I think I'll have to agree with Blue Hoo on his latest point. I too find it so irritating when after waiting weeks for a break in work and weather I finally get on the water and have my bait assaulted by those damned old white marlin:doh This is one of the reasons that I now only pull super chuggers or bump troll live yft. as they also discourage mahi and hoos less than 100#. 

If you're looking for good sized hoos now try the area NW of petronious and the floaters. 255, 252, 259-a, Virgo and Spirit are all good and you should find some bouys on the shelf N of these last two if you can.

Good luck.


----------



## Travis Gill (Oct 6, 2007)

That has got to be one of the funniest postsI have seen. I hate thos pesky white marlin too HAHAHAHA:hoppingmad:banghead:moon


----------



## HighCotton (Oct 2, 2007)

> *Tackle Rep (11/7/2007)*sharpen hooks regularly.


This an excellent piece of advice. Nothing less than razor points will do.


----------



## Bigg J (Nov 7, 2007)

Its gotta mean something, i've done with my king setups but haven't spent a whole crappin lot of time with'em. but i've been hearing alot of people really pushing though.


----------



## David Ridenour (Sep 28, 2007)

(No expert here for sure)

I get a little nervous about line wrapping my rod tip so I'm a little shy touse the rubberband around the handle method.I made a couple of short lanyards out of leader material app 18 inches long with a loop in one end and a swivel on the other. I hook the loop through a cleat or through itself around a stern eye and then use the rubber band the same way and hook it in the open swivel.I can get the line a little closer to the water and it clears anything on the gunnels. They work as spare downrigger releases too if I need them in a pinch. I've even hooked them on the corners of the Ttop when it was a little dicey to deploy the outriggers so I could get more lines out the back. Good luck with your bluewater pursuits!

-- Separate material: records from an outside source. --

-- ===== src/Buffer/Growth.antt =====
-- How much storage a buffer of winterfell/net/wf_buffer.cc takes.
use winterfell.Prelude.{
  both, ℕ, ◌+◌, ◌*◌, ◌≤◌, ◌<◌, ◌≡◌, ap, ◌∙◌, inl, inr, Bool, true, ◌&&◌, Bool-cases, List, [], ◌∷◌,
  length, take, drop, copy_at, Bytes, Run, done, aborted, looping, ◌>>=◌, ltb, leb, arith,
  length-copy_at, length-append, length-drop,
}
use winterfell.Buffer.{
  Buffer, cheap_prepend, peek, readable_bytes, writable_bytes, prependable_bytes, make_space,
  append, read_fd, ReadResult, failed, received, retrieve, retrieve_all, retrieve_as_string,
  retrieve_as_string_n,
}
use winterfell.Buffer.Content.{IsValid, length-peek, length-resize}
use winterfell.Buffer.Queue.{
  appends, reads, retrieves, retrieves_until, retrieves_all, takes_all, takes, until-eq-retrieve,
  arrived, Op, step, run, queue_step, Shows, same, fails, loops, step-Shows,
}

-- The storage is no more than twice this content and eight bytes.
abbrev pub Fits : ℕ → Buffer → Type 0
Fits content b = length b.storage ≤ 2 * content + 8

make_space-Fits :
    (content len : ℕ) (b : Buffer)
    → IsValid b
    → Fits content b
    → readable_bytes b + len ≤ content
    → Fits content (make_space len b)
unfolding make_space
make_space-Fits content len b v f h =
    elim (Bool-cases (ltb (writable_bytes b + prependable_bytes b) (len + cheap_prepend))) [
      | inl short ↦
          let short' : writable_bytes b + prependable_bytes b < len + cheap_prepend =
            ground arith in
          rw short
            (omega (arith, length-resize (b.writer_index + len) b.storage, v.ordered, v.inside))
      | inr wide ↦ rw wide (omega (arith, length-copy_at cheap_prepend (peek b) b.storage))
    ]

append-Fits :
    (content : ℕ) (xs : Bytes) (b : Buffer)
    → IsValid b
    → Fits content b
    → readable_bytes b + length xs ≤ content
    → Fits content (append xs b)
unfolding append
append-Fits content xs b v f h = elim (Bool-cases (ltb (writable_bytes b) (length xs))) [
  | inl full ↦ rw full (
      omega (
        arith,
        make_space-Fits content (length xs) b v f h,
        length-copy_at (make_space (length xs) b).writer_index xs
            (make_space (length xs) b).storage,
      ))
  | inr fits ↦ rw fits (omega (arith, length-copy_at b.writer_index xs b.storage))
]

read_fd-Fits :
    (content : ℕ) (r : ReadResult) (b : Buffer)
    → IsValid b
    → Fits content b
    → readable_bytes b + length (arrived r) ≤ content
    → Fits content (read_fd r b).1
unfolding read_fd
read_fd-Fits content (failed e) b v f h = f
read_fd-Fits content (received xs) b v f h =
    elim (Bool-cases (leb (length xs) (writable_bytes b))) [
      | inl fits ↦
          rw fits
            (omega (arith, length-copy_at b.writer_index (take (writable_bytes b) xs) b.storage))
      | inr more ↦
          let size = length-copy_at b.writer_index (take (writable_bytes b) xs) b.storage in
          let more' : writable_bytes b < length xs = ground arith in
          rw more (
            append-Fits content (drop (writable_bytes b) xs)
              (record b {
                storage = copy_at b.writer_index (take (writable_bytes b) xs) b.storage;
                writer_index =
                    length (copy_at b.writer_index (take (writable_bytes b) xs) b.storage);
              })
              (record {
                ordered = omega (arith, v.ordered, v.inside, size);
                inside = omega arith;
                headed = omega (arith, v.headed, size);
              })
              (omega (arith, size))
              (omega (arith, size, v.ordered, v.inside, length-drop (writable_bytes b) xs)))
    ]

-- What a call leaves, if it returns.
abbrev pub Leaves : (Buffer → Type 0) → {A : Type 0} → Run (A × Buffer) → Type 0
Leaves P (done (a, b)) = P b
Leaves P aborted = Unit
Leaves P looping = Unit

-- A test of what a call leaves in the queue, if it returns.
abbrev pub if_done : (Bytes → Bool) → Run (Bytes × Bytes) → Bool
if_done p (done (s, q)) = p q
if_done p aborted = true
if_done p looping = true

-- The queue's content stays within a size, as long as the calls return.
abbrev pub stays_within : ℕ → List Op → Bytes → Bool
stays_within content [] q = leb (length q) content
stays_within content (op ∷ ops) q =
    leb (length q) content && if_done (stays_within content ops) (queue_step op q)

stays_now :
    (content : ℕ) (ops : List Op) (q : Bytes)
    → stays_within content ops q ≡ true
    → length q ≤ content
stays_now content [] q h = ground arith
stays_now content (op ∷ ops) q h =
    let now =
      (both (leb (length q) content) (if_done (stays_within content ops) (queue_step op q)) h).0 in
    ground arith

retrieve-Fits :
    {A : Type 0} (a : A) (content n : ℕ) (b : Buffer)
    → Fits content b
    → Leaves (Fits content) (retrieve n b >>= λ c. done (a, c))
unfolding retrieve
retrieve-Fits a content n b f = elim (Bool-cases (leb n (readable_bytes b))) [
  | inl e ↦ rw e f
  | inr e ↦ rw e tt
]

step-Fits :
    (content : ℕ) (op : Op) (ops : List Op) (b : Buffer)
    → IsValid b
    → Fits content b
    → if_done (stays_within content ops) (queue_step op (peek b)) ≡ true
    → Leaves (Fits content) (step op b)
unfolding queue_step step retrieve retrieve_all retrieve_as_string retrieve_as_string_n
step-Fits content (appends xs) ops b v f h =
    append-Fits content xs b v f
      (omega (arith, stays_now content ops _ h, length-append (peek b) xs, length-peek b v))
step-Fits content (reads r) ops b v f h =
    read_fd-Fits content r b v f (
      omega (arith, stays_now content ops _ h, length-append (peek b) (arrived r), length-peek b v))
step-Fits content (retrieves n) ops b v f h = retrieve-Fits [] content n b f
step-Fits content (retrieves_until n) ops b v f h =
    rw (until-eq-retrieve n b v) (retrieve-Fits [] content n b f)
step-Fits content retrieves_all ops b v f h = f
step-Fits content takes_all ops b v f h = f
step-Fits content (takes n) ops b v f h = elim (Bool-cases (leb n (readable_bytes b))) [
  | inl e ↦ rw e f
  | inr e ↦ rw e tt
]

Leaves-then :
    {A B : Type 0} (P : Buffer → Type 0) (m : Run (A × Buffer)) (f : A → B)
    → Leaves P m
    → Leaves P (m >>= λ (a, c). done (f a, c))
Leaves-then P (done (a, c)) f h = h
Leaves-then P aborted f h = h
Leaves-then P looping f h = h

after_step :
    (content : ℕ) (ops : List Op) (m : Run (Bytes × Buffer)) (n : Run (Bytes × Bytes))
    → ((c : Buffer)
        → IsValid c
        → Fits content c
        → stays_within content ops (peek c) ≡ true
        → Leaves (Fits content) (run ops c))
    → Shows m n
    → Leaves (Fits content) m
    → if_done (stays_within content ops) n ≡ true
    → Leaves (Fits content) (m >>= λ (s, c). run ops c >>= λ (ss, d). done (s ∷ ss, d))
after_step content ops _ _ rest (same {a = a} {b = c} v e) f h =
    Leaves-then (Fits content) (run ops c) (λ (ss : List Bytes). a ∷ ss)
      (rest c v f (ap (stays_within content ops) e ∙ h))
after_step content ops _ _ rest fails f h = tt
after_step content ops _ _ rest loops f h = tt

-- Any sequence of calls on a valid buffer, when the content of the queue that it shows never exceeds a size:
-- if the storage was at most twice this size and eight bytes, it is so at the end.
pub run-Fits :
    (content : ℕ) (ops : List Op) (b : Buffer)
    → IsValid b
    → Fits content b
    → stays_within content ops (peek b) ≡ true
    → Leaves (Fits content) (run ops b)
unfolding run
run-Fits content [] b v f h = f
run-Fits content (op ∷ ops) b v f h =
    let next : if_done (stays_within content ops) (queue_step op (peek b)) ≡ true =
      (both (leb (length (peek b)) content) _ h).1 in
    after_step content ops (step op b) (queue_step op (peek b)) (run-Fits content ops)
      (step-Shows op b v) (step-Fits content op ops b v f next) next
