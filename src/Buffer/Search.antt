-- ===== src/Buffer/Search.antt =====
-- `Buffer::findCRLF` of winterfell/net/wf_buffer.h: the first "\r\n" of the content.
use winterfell.Prelude.{
  ℕ, zero, suc, ◌+◌, ◌≤◌, ◌<◌, ◌≡◌, refl, [], ◌∷◌, ◌++◌, ◌&&◌, ◌⊎◌, ◌≢◌, inl, inr, Bool-cases, some,
  none, length, get_elem?, Bytes, ◌==◌, arith,
}
use winterfell.Buffer.{Buffer, peek, search_crlf, find_crlf}
use winterfell.Buffer.Content.{IsValid, length-peek}

-- There is a CRLF at this offset.
abbrev pub CrlfAt : Bytes → ℕ → Type 0
CrlfAt xs i = (get_elem? xs i ≡ some 13) × (get_elem? xs (suc i) ≡ some 10)

-- What `std::search` returns: the first match, or the end if there is none.
pub data Search (xs : Bytes) (r : ℕ) : Type 0 where
  found : r < length xs → CrlfAt xs r → ((j : ℕ) → j < r → ¬ CrlfAt xs j) → Search xs r
  missing : r ≡ length xs → ((j : ℕ) → ¬ CrlfAt xs j) → Search xs r

Search-cons :
    (x y : ℕ) (xs : Bytes)
    → ¬ CrlfAt (x ∷ y ∷ xs) 0
    → (r : ℕ) → Search (y ∷ xs) r
    → Search (x ∷ y ∷ xs) (suc r)
Search-cons x y xs h r (found lt at before) = found (omega arith) at earlier
  where
    earlier : (j : ℕ) → j < suc r → ¬ CrlfAt (x ∷ y ∷ xs) j
    earlier zero k c = h c
    earlier (suc j) k c = before j (omega arith) c
Search-cons x y xs h r (missing e all) = missing (omega arith) nowhere
  where
    nowhere : (j : ℕ) → ¬ CrlfAt (x ∷ y ∷ xs) j
    nowhere zero c = h c
    nowhere (suc j) c = all j c

pub search_crlf-Search : (xs : Bytes) → Search xs (search_crlf xs)
unfolding search_crlf
search_crlf-Search [] = missing refl (λ j c. cc (c.0))
search_crlf-Search (x ∷ []) = missing refl nowhere
  where
    nowhere : (j : ℕ) → ¬ CrlfAt (x ∷ []) j
    nowhere zero c = cc (c.1)
    nowhere (suc j) c = cc (c.0)
search_crlf-Search (x ∷ y ∷ xs) = elim (Bool-cases ((x == 13) && (y == 10))) [
  | inl e ↦ rw e (found (omega arith) (ground arith) (λ j k. elim k [ ]))
  | inr e ↦ rw e (Search-cons x y xs (λ c. ground arith) _ (search_crlf-Search (y ∷ xs)))
]

-- On a valid buffer `findCRLF` returns the offset of the first CRLF of the content, and NULL exactly
-- when the content has none.
pub find_crlf_lem :
    (b : Buffer)
    → IsValid b
    → ((i : ℕ) × (find_crlf b ≡ some i)
        × CrlfAt (peek b) i
        × ((j : ℕ) → j < i → ¬ CrlfAt (peek b) j))
      ⊎ ((find_crlf b ≡ none) × ((j : ℕ) → ¬ CrlfAt (peek b) j))
unfolding find_crlf
find_crlf_lem b v = elim (search_crlf-Search (peek b)) [
  | found lt at before ↦ inl (search_crlf (peek b), ground (arith, length-peek b v), at, before)
  | missing e all ↦ inr (ground (arith, length-peek b v), all)
]

-- More bytes behind a match do not move it.
pub search_crlf-append :
    (xs ys : Bytes) → search_crlf xs < length xs → search_crlf (xs ++ ys) ≡ search_crlf xs
unfolding search_crlf
search_crlf-append [] ys h = elim h [ ]
search_crlf-append (x ∷ []) ys h = absurd (omega arith)
search_crlf-append (x ∷ y ∷ xs) ys h = ground (arith, search_crlf-append (y ∷ xs) ys)

pub search_crlf-le : (xs : Bytes) → search_crlf xs ≤ length xs
search_crlf-le xs = elim (search_crlf-Search xs) [
  | found h a b ↦ omega arith
  | missing e a ↦ omega arith
]

-- A match leaves room for the two bytes.
pub search_crlf-room : (xs : Bytes) → search_crlf xs < length xs → search_crlf xs + 2 ≤ length xs
unfolding search_crlf
search_crlf-room [] h = elim h [ ]
search_crlf-room (x ∷ []) h = absurd (omega arith)
search_crlf-room (x ∷ y ∷ xs) h = ground (arith, search_crlf-room (y ∷ xs))

-- No carriage return.
abbrev pub NoCr : Bytes → Type 0
NoCr [] = Unit
NoCr (x ∷ xs) = (x ≢ 13) × NoCr xs

pub search_crlf-line :
    (line rest : Bytes) → NoCr line → search_crlf (line ++ 13 ∷ 10 ∷ rest) ≡ length line
unfolding search_crlf
search_crlf-line [] rest h = refl
search_crlf-line (x ∷ []) rest h = ground arith
search_crlf-line (x ∷ y ∷ line) rest h = ground (arith, search_crlf-line (y ∷ line) rest h.1)
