-- ===== src/Example.antt =====
-- The example programs, example.
pub mod Ftp
pub mod Echo
pub mod EchoRate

Please keep us posted as you continue to learn and catch fish.


----------



## Deeplines (Sep 28, 2007)

WHAT THE HECK ARE YOU EXPERTS TALKING ABOUT.....??????????

White Marlin was one of the species he was wanting to catch. :banghead:banghead

He hasn't been fishing deep water for 10 years therefore has not come up with the attitude that you have, Anything besides a blue or YFT is Junk fish. 

Remember woody, we all have not have been as lucky in life as you. Shoot the man a PM and tell him how to catch your TRASH FISH. :bowdown:bowdown


----------